**RECORDS SUPPLIED:**
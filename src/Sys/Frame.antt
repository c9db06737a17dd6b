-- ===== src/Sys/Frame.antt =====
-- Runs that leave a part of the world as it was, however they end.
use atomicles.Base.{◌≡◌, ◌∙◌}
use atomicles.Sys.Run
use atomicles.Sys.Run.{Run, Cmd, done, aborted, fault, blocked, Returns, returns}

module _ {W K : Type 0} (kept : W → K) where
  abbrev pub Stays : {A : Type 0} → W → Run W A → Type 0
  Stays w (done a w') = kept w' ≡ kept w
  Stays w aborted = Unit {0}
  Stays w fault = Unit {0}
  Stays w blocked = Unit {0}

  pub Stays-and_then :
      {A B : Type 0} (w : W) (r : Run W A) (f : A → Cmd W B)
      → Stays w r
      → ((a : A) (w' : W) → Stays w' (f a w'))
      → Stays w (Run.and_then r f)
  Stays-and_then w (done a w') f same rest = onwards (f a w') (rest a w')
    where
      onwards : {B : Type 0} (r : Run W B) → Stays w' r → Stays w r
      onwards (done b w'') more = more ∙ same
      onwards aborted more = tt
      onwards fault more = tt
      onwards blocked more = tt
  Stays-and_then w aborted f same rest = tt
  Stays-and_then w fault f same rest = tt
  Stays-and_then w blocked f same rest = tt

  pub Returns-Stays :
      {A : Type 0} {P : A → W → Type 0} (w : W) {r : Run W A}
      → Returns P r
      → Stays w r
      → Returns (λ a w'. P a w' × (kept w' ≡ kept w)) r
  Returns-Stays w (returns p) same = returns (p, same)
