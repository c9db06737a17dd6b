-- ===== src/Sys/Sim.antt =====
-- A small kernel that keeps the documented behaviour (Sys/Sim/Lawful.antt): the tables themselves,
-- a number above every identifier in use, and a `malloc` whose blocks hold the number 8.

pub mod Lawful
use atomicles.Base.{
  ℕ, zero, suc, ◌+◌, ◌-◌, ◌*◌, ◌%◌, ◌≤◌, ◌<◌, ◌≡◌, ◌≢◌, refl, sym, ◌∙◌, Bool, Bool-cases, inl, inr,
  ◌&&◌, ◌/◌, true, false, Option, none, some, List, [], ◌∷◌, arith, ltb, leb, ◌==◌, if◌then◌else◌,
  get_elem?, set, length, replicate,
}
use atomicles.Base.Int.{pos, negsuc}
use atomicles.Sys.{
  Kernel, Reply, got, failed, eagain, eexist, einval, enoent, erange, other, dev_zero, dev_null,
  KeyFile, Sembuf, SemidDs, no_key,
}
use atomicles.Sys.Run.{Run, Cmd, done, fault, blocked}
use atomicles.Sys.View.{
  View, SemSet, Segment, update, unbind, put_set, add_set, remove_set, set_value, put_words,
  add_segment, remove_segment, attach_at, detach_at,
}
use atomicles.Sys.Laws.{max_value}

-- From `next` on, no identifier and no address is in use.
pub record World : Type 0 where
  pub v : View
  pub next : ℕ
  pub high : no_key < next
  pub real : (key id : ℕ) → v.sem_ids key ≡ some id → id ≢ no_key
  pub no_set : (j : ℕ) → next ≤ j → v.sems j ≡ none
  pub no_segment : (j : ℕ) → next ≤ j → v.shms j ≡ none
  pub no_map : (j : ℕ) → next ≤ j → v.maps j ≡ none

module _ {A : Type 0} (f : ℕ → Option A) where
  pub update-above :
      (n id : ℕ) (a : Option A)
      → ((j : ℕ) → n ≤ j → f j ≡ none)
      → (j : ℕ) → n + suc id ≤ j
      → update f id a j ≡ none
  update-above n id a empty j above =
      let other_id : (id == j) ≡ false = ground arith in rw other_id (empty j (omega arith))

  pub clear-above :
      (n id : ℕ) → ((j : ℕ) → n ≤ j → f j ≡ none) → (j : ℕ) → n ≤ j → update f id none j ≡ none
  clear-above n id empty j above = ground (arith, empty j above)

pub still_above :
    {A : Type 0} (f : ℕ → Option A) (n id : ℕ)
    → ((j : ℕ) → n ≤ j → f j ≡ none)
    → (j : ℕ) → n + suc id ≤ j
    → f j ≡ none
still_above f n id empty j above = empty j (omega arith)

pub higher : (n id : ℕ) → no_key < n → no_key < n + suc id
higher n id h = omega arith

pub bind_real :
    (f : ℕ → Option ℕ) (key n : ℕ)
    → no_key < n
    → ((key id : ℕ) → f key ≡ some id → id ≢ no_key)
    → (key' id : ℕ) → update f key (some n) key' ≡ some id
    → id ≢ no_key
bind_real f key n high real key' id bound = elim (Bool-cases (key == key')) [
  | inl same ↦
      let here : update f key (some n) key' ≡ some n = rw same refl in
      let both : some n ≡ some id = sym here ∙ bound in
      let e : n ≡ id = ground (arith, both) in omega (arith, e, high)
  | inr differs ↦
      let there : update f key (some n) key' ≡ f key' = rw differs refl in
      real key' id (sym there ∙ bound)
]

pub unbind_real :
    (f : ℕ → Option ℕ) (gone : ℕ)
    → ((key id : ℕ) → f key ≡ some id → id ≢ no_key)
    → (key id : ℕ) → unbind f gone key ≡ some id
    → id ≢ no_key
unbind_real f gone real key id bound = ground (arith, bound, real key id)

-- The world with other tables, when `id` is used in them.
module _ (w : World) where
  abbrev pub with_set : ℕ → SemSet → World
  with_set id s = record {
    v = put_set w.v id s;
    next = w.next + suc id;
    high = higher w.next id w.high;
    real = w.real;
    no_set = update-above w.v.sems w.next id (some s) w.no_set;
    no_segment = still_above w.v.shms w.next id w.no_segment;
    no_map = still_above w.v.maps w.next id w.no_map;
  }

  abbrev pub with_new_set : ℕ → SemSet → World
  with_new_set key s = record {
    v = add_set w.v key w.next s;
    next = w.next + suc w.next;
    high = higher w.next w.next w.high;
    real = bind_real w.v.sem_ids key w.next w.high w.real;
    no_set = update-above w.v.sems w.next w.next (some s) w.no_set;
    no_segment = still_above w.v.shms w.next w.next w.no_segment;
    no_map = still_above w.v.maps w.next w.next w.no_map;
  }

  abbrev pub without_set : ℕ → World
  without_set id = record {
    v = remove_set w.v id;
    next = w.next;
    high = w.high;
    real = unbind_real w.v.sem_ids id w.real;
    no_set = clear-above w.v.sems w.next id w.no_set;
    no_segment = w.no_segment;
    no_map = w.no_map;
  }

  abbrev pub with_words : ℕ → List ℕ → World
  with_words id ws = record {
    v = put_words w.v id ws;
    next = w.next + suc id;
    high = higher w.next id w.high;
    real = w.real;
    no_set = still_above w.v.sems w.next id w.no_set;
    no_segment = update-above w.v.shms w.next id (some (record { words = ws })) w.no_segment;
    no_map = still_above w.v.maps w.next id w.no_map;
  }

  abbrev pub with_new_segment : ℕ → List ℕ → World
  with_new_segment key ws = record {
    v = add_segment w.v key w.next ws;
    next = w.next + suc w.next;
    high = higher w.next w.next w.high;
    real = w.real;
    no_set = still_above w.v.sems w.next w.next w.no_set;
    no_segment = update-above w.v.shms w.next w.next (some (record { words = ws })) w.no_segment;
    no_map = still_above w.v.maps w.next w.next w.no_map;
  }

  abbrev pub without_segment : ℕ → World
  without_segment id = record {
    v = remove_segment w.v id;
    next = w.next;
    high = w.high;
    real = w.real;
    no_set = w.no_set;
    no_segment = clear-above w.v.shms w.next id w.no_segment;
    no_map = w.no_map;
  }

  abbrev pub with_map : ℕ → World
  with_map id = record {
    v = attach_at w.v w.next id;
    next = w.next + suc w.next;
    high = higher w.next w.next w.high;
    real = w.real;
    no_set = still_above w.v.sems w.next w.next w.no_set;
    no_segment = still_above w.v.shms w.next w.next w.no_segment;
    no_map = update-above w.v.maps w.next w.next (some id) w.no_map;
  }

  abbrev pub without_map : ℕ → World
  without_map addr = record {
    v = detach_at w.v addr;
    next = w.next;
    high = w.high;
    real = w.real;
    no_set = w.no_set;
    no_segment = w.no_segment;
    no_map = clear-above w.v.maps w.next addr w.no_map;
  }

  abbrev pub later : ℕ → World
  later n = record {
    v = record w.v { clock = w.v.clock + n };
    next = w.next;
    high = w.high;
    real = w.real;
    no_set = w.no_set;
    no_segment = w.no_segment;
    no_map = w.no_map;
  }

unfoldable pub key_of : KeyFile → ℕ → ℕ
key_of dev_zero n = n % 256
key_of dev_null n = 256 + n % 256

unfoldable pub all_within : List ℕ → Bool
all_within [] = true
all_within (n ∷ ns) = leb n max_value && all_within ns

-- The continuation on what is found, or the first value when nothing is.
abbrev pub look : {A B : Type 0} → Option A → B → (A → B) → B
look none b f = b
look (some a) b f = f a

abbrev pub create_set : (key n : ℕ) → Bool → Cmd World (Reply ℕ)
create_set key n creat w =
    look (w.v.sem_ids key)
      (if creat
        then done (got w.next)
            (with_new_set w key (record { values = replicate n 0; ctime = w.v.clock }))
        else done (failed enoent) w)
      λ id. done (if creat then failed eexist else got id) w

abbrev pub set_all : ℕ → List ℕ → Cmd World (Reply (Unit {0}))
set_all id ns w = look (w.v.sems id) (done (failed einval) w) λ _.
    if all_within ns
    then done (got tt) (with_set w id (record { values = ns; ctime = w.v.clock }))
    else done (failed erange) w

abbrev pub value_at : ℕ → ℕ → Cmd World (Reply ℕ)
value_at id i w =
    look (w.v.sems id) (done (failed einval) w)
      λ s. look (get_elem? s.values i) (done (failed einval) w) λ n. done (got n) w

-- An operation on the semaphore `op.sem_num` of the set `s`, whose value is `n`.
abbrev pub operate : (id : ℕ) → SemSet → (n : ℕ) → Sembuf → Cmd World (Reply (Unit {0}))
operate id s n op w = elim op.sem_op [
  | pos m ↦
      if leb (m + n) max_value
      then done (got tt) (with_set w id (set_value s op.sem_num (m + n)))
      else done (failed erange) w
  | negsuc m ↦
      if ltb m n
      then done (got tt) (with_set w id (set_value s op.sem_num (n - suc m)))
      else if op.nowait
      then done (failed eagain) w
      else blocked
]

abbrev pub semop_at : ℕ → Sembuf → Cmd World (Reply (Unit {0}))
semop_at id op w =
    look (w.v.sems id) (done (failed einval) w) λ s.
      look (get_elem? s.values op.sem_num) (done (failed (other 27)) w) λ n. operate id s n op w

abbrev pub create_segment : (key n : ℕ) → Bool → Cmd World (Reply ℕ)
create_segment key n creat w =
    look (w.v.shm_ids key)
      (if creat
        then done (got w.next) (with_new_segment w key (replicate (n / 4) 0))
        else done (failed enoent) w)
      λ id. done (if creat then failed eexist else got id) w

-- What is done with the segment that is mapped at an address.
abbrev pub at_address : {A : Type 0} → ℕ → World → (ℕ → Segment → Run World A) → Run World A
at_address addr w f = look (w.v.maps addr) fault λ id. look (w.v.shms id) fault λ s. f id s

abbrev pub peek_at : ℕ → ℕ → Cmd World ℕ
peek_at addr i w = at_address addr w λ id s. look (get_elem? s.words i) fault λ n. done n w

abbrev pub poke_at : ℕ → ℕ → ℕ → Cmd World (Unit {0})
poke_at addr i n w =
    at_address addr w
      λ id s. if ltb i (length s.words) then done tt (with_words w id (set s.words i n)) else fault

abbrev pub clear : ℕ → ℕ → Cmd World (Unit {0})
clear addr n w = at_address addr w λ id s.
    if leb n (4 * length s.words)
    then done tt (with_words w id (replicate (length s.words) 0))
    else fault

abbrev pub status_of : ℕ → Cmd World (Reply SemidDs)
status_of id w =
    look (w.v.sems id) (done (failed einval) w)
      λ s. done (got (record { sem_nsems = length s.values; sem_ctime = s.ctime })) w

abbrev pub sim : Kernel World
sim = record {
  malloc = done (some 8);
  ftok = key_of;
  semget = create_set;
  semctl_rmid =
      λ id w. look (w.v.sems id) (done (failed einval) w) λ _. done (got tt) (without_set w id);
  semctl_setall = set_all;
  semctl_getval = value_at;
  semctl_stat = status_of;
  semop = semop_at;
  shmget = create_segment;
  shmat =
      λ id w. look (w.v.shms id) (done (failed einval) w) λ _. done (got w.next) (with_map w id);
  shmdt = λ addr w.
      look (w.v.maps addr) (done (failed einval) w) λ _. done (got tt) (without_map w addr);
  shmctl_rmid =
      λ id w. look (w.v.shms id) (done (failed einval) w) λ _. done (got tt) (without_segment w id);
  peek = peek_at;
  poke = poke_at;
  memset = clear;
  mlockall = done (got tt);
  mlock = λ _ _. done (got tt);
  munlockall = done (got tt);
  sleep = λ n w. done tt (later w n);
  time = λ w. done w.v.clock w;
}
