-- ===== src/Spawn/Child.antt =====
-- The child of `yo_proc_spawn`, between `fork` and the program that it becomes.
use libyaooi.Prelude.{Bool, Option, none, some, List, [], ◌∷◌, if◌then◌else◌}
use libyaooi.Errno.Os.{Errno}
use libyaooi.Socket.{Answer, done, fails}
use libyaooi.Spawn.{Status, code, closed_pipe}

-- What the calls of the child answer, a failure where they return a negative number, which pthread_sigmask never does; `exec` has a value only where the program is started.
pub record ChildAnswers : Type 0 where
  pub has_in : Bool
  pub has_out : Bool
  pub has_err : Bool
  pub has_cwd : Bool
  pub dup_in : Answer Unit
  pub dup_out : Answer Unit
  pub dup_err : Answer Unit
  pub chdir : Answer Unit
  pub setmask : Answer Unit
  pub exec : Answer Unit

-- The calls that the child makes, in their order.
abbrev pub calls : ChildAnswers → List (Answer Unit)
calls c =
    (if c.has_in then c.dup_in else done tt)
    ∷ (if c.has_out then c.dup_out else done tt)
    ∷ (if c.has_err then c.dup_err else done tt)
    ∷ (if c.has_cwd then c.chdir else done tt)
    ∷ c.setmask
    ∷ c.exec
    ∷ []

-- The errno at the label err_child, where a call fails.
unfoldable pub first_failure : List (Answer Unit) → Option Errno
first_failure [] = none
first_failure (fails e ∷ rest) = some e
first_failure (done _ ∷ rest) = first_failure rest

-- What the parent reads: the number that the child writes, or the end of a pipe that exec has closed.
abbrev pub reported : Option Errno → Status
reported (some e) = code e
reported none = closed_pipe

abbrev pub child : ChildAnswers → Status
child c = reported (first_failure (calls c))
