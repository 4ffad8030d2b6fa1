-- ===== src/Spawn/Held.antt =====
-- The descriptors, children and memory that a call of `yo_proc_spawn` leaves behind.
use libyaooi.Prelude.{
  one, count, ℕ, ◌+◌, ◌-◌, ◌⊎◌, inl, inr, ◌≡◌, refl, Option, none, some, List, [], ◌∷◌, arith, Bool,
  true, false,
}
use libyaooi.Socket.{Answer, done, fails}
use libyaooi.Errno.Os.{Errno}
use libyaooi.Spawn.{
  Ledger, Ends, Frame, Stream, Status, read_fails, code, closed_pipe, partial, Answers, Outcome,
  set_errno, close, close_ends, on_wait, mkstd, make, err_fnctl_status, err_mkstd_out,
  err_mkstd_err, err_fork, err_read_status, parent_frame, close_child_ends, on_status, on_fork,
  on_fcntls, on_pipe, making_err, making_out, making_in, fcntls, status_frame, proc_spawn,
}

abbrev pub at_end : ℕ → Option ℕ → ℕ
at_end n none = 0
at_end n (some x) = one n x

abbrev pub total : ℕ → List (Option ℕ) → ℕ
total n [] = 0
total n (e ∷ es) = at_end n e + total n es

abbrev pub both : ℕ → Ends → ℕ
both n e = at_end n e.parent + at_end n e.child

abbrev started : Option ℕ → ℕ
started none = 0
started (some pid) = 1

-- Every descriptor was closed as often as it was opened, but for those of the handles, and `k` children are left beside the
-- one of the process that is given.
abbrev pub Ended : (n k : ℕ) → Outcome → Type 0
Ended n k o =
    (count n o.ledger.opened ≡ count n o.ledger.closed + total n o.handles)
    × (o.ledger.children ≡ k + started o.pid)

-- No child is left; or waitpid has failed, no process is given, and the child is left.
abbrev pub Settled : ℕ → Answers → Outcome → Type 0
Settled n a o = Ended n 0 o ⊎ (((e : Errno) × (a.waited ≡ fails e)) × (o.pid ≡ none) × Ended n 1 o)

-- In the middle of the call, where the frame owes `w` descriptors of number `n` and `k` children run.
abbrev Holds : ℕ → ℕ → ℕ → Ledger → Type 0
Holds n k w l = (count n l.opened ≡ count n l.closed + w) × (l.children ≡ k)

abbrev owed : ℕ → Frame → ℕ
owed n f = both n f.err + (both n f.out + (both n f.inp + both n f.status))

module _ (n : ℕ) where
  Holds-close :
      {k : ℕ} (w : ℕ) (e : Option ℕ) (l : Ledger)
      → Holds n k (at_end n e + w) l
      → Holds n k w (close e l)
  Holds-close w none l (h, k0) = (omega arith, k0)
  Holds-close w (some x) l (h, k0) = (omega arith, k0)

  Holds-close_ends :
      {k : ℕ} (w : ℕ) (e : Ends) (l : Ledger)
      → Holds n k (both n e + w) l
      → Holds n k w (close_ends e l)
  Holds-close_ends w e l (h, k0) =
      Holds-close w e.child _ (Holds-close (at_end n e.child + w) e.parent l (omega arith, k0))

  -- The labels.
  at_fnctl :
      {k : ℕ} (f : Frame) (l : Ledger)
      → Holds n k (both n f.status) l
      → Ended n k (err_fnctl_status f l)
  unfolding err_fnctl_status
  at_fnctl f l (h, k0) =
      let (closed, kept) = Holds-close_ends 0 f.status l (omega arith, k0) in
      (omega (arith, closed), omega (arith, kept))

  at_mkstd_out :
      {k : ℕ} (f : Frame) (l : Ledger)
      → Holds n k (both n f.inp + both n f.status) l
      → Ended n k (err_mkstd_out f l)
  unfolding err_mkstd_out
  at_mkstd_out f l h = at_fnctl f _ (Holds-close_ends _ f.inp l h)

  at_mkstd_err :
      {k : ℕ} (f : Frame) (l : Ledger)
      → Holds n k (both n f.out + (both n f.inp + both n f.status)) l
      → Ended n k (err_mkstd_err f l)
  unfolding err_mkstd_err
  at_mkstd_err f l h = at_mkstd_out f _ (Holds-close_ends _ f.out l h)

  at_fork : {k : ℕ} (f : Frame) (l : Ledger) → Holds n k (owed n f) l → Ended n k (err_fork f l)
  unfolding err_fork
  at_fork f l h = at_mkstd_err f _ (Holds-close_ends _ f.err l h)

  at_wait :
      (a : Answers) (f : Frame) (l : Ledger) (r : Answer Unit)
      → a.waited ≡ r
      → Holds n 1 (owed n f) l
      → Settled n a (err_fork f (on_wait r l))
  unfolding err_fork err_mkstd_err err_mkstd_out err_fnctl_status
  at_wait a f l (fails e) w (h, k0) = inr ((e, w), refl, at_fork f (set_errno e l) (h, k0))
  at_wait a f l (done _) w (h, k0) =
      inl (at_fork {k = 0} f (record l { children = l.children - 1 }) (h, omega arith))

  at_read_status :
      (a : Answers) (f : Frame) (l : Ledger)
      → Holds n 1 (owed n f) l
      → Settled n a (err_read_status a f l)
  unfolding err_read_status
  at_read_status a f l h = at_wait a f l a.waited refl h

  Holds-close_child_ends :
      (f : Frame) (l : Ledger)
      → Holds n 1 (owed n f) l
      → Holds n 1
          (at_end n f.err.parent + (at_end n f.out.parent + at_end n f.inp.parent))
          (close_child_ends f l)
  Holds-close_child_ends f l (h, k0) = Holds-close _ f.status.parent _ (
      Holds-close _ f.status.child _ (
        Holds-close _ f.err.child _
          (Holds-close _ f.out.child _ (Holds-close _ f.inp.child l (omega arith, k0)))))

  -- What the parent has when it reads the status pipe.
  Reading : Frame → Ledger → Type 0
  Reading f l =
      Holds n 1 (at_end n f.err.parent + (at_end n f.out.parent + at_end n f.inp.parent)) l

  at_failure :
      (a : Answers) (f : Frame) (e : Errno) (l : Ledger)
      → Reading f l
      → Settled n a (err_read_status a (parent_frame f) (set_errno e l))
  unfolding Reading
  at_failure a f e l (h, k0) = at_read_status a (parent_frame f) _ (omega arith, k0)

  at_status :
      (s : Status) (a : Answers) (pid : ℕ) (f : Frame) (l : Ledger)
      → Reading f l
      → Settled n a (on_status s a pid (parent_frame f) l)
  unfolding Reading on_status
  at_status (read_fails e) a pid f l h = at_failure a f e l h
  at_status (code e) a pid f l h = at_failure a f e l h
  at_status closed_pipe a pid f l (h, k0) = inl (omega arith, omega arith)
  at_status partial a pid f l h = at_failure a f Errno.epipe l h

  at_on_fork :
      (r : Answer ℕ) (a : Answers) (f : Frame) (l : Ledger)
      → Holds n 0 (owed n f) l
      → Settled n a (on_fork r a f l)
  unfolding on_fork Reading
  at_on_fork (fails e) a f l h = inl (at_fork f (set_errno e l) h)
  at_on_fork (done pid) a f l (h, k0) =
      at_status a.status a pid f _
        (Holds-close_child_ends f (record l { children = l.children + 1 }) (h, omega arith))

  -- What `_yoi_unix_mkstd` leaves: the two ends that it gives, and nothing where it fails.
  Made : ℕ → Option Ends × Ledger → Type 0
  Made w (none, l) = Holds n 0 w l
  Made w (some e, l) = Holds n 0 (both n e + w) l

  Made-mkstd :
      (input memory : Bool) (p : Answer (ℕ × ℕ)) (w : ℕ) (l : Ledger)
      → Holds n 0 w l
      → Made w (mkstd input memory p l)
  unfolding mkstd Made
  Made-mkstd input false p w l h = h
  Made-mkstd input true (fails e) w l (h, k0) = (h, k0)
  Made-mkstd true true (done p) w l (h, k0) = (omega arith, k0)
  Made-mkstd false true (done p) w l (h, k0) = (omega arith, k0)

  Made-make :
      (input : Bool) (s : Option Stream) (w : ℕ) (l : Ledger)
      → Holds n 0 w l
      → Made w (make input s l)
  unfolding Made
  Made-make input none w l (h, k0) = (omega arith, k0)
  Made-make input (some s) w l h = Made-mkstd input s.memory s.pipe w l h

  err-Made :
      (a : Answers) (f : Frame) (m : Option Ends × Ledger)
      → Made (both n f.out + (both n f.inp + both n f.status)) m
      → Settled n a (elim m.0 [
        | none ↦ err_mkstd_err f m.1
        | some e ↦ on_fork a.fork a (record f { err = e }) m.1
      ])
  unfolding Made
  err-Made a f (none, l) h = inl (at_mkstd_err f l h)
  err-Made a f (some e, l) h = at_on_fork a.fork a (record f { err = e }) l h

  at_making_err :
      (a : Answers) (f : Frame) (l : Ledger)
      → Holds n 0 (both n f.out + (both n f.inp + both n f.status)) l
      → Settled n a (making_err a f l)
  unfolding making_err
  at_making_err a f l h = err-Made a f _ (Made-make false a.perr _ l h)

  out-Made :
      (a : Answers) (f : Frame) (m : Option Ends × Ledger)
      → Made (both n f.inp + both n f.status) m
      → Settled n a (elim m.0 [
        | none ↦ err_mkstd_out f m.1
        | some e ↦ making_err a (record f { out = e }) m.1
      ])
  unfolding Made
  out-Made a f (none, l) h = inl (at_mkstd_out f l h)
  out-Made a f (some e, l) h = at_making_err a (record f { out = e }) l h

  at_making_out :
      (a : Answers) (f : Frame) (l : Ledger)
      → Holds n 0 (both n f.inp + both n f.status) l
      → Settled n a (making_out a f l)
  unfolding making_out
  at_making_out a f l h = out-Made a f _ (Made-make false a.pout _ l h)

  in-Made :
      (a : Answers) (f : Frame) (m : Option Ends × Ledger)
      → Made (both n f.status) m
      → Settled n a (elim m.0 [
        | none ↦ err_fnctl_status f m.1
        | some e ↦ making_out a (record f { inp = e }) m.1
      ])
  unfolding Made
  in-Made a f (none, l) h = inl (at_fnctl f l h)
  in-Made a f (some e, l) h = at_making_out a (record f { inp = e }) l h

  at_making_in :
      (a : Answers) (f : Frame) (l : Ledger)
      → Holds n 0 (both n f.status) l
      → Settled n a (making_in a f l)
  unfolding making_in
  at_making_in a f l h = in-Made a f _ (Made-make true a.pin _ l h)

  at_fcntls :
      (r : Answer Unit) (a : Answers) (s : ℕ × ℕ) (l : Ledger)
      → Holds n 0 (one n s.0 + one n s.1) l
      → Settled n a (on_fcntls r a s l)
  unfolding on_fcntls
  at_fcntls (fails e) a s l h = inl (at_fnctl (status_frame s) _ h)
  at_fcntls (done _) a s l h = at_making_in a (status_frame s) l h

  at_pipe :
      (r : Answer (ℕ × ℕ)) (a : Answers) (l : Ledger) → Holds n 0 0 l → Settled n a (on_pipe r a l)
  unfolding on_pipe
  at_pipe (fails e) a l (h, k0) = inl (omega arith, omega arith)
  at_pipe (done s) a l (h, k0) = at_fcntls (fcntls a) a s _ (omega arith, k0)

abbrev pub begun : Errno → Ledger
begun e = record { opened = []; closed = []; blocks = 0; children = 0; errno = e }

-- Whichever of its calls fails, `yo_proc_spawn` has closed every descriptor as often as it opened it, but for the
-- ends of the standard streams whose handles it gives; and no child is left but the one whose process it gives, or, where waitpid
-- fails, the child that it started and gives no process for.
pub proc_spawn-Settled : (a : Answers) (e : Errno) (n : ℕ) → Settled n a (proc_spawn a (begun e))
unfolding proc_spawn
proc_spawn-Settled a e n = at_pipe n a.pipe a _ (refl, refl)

**WHAT THE EXERCISE ASKS:** Write out exactly the lines above between the line with "-- What the parent has" and the line with "at_status closed_pipe a", inclusive, and nothing beyond them.

**WRITTEN ANSWER:**
  -- What the parent has when it reads the status pipe.
  Reading : Frame → Ledger → Type 0
  Reading f l =
      Holds n 1 (at_end n f.err.parent + (at_end n f.out.parent + at_end n f.inp.parent)) l

  at_failure :
      (a : Answers) (f : Frame) (e : Errno) (l : Ledger)
      → Reading f l
      → Settled n a (err_read_status a (parent_frame f) (set_errno e l))
  unfolding Reading
  at_failure a f e l (h, k0) = at_read_status a (parent_frame f) _ (omega arith, k0)

  at_status :
      (s : Status) (a : Answers) (pid : ℕ) (f : Frame) (l : Ledger)
      → Reading f l
      → Settled n a (on_status s a pid (parent_frame f) l)
  unfolding Reading on_status
  at_status (read_fails e) a pid f l h = at_failure a f e l h
  at_status (code e) a pid f l h = at_failure a f e l h
  at_status closed_pipe a pid f l (h, k0) = inl (omega arith, omega arith)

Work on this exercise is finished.